__TASK REQUIREMENTS__
You are asked to filter the data below and copy every line holding "text".

__THE INPUT__

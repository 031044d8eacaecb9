-- ===== src/Prelude/Decimal.antt =====
-- The decimal digits of a number, as `%u` prints them, and reading them back, as `strtol` does.
use kv8_metrics.Prelude.Tests.{ltb, leb, if◌then◌else◌}
use Prim.Native.Nat.{ℕ, zero, suc, ◌+◌, ◌-◌, ◌*◌, ◌^◌, ◌/◌, ◌%◌, ◌≤◌, ◌<◌}
use mathlib.Core.Path.{◌≡◌, refl, sym, ap, ◌∙◌}
use mathlib.Core.Bool.{Bool, ◌&&◌}
use native.Mathlib.Decide.{dec_lt}
use native.Mathlib.Nat.{pow-suc}
use kv8_metrics.Prelude.Lists.{length}
use mathlib.Core.List.{[], ◌∷◌, ◌++◌}
use native.Mathlib.Omega.{arith}
use kv8_metrics.Prelude.Bytes.{Bytes}

-- The digits of `n` in front of `rest`. Fuel `n` is enough, since each step divides by ten.
unfoldable pub digits_before : ℕ → ℕ → Bytes → Bytes
digits_before zero n rest = (48 + n % 10) ∷ rest
digits_before (suc fuel) n rest =
    let more = digits_before fuel (n / 10) ((48 + n % 10) ∷ rest) in
    if ltb n 10 then (48 + n % 10) ∷ rest else more

unfoldable pub decimal : ℕ → Bytes
unfolding digits_before
decimal n = digits_before n n []

abbrev pub is_digit : ℕ → Bool
is_digit c = leb 48 c && leb c 57

-- The number in front of a text, going on from `acc`, and the rest of the text.
unfoldable pub read_digits : ℕ → Bytes → ℕ × Bytes
read_digits acc [] = (acc, [])
read_digits acc (c ∷ cs) =
    let more = read_digits (acc * 10 + (c - 48)) cs in if is_digit c then more else (acc, c ∷ cs)

pub read_digits-digit :
    (acc d : ℕ) (rest : Bytes)
    → d < 10
    → read_digits acc ((48 + d) ∷ rest) ≡ read_digits (acc * 10 + d) rest
unfolding read_digits
read_digits-digit acc d rest h =
    ground
      (arith, ap (λ n. read_digits (acc * 10 + n) rest) {x = 48 + d - 48} {y = d} (omega arith))

read_digits-before :
    (fuel n : ℕ) (rest : Bytes)
    → n ≤ fuel
    → read_digits 0 (digits_before fuel n rest) ≡ read_digits n rest
unfolding digits_before
read_digits-before zero n rest h =
    read_digits-digit 0 (n % 10) rest (omega arith)
    ∙ ap (λ k. read_digits k rest) {x = 0 * 10 + n % 10} {y = n} (omega arith)
read_digits-before (suc fuel) n rest h = elim (dec_lt n 10) [
  | yes p ↦ ground (
    arith,
    read_digits-digit 0 (n % 10) rest (omega arith),
    ap (λ k. read_digits k rest) {x = 0 * 10 + n % 10} {y = n} (omega arith),
  )
  | no p ↦ ground (
    arith,
    read_digits-before fuel (n / 10) ((48 + n % 10) ∷ rest) (omega arith),
    read_digits-digit (n / 10) (n % 10) rest (omega arith),
    ap (λ k. read_digits k rest) {x = n / 10 * 10 + n % 10} {y = n} (omega arith),
  )
]

digits_before-append :
    (fuel n : ℕ) (xs ys : Bytes) → digits_before fuel n (xs ++ ys) ≡ digits_before fuel n xs ++ ys
unfolding digits_before
digits_before-append zero n xs ys = refl
digits_before-append (suc fuel) n xs ys =
    ground (arith, digits_before-append fuel (n / 10) ((48 + n % 10) ∷ xs) ys)

-- A printed number is read back, with what follows it.
pub read_digits-decimal :
    (n : ℕ) (rest : Bytes) → read_digits 0 (decimal n ++ rest) ≡ read_digits n rest
unfolding decimal
read_digits-decimal n rest =
    ap (read_digits 0) (sym (digits_before-append n n [] rest))
    ∙ read_digits-before n n rest (omega arith)

-- What ignores one digit in front of a text ignores a printed number there.
module _ {A : Type 0} (f : Bytes → A)
    (skips : (d : ℕ) (rest : Bytes) → d < 10 → f ((48 + d) ∷ rest) ≡ f rest) where
  ignores-before : (fuel n : ℕ) (rest : Bytes) → f (digits_before fuel n rest) ≡ f rest
  unfolding digits_before
  ignores-before zero n rest = skips (n % 10) rest (omega arith)
  ignores-before (suc fuel) n rest = ground (
    arith,
    skips (n % 10) rest (omega arith),
    ignores-before fuel (n / 10) ((48 + n % 10) ∷ rest),
  )

  pub ignores-decimal : (n : ℕ) (rest : Bytes) → f (decimal n ++ rest) ≡ f rest
  unfolding decimal
  ignores-decimal n rest = ap f (sym (digits_before-append n n [] rest)) ∙ ignores-before n n rest

-- A printed number starts with a digit.
decimal_head_before :
    (fuel n : ℕ) (rest : Bytes)
    → (d : ℕ) × (more : Bytes) × (d < 10) × (digits_before fuel n rest ≡ (48 + d) ∷ more)
unfolding digits_before
decimal_head_before zero n rest = (n % 10, rest, omega arith, refl)
decimal_head_before (suc fuel) n rest = elim (dec_lt n 10) [
  | yes p ↦ (n % 10, rest, omega arith, ground arith)
  | no p ↦
      let (d, more, lt, e) = decimal_head_before fuel (n / 10) ((48 + n % 10) ∷ rest) in
      (d, more, lt, ground arith)
]

pub decimal_head : (n : ℕ) → (d : ℕ) × (more : Bytes) × (d < 10) × (decimal n ≡ (48 + d) ∷ more)
unfolding decimal
decimal_head n = decimal_head_before n n []

digit_count :
    (w fuel n : ℕ) (rest : Bytes)
    → n < 10 ^ suc w
    → length (digits_before fuel n rest) ≤ suc w + length rest
unfolding digits_before
digit_count w zero n rest h = omega arith
digit_count zero (suc fuel) n rest h = ground arith
digit_count (suc w) (suc fuel) n rest h =
    ground (
      arith,
      digit_count w fuel (n / 10) ((48 + n % 10) ∷ rest) (omega (arith, pow-suc 10 (suc w))),
    )

-- A number below 10 ^ w has at most w digits.
pub length-decimal : (w n : ℕ) → n < 10 ^ suc w → length (decimal n) ≤ suc w
unfolding decimal
length-decimal w n h = omega (arith, digit_count w n n [] h)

__SOLUTION BELOW__
-- The number in front of a text, going on from `acc`, and the rest of the text.
-- What ignores one digit in front of a text ignores a printed number there.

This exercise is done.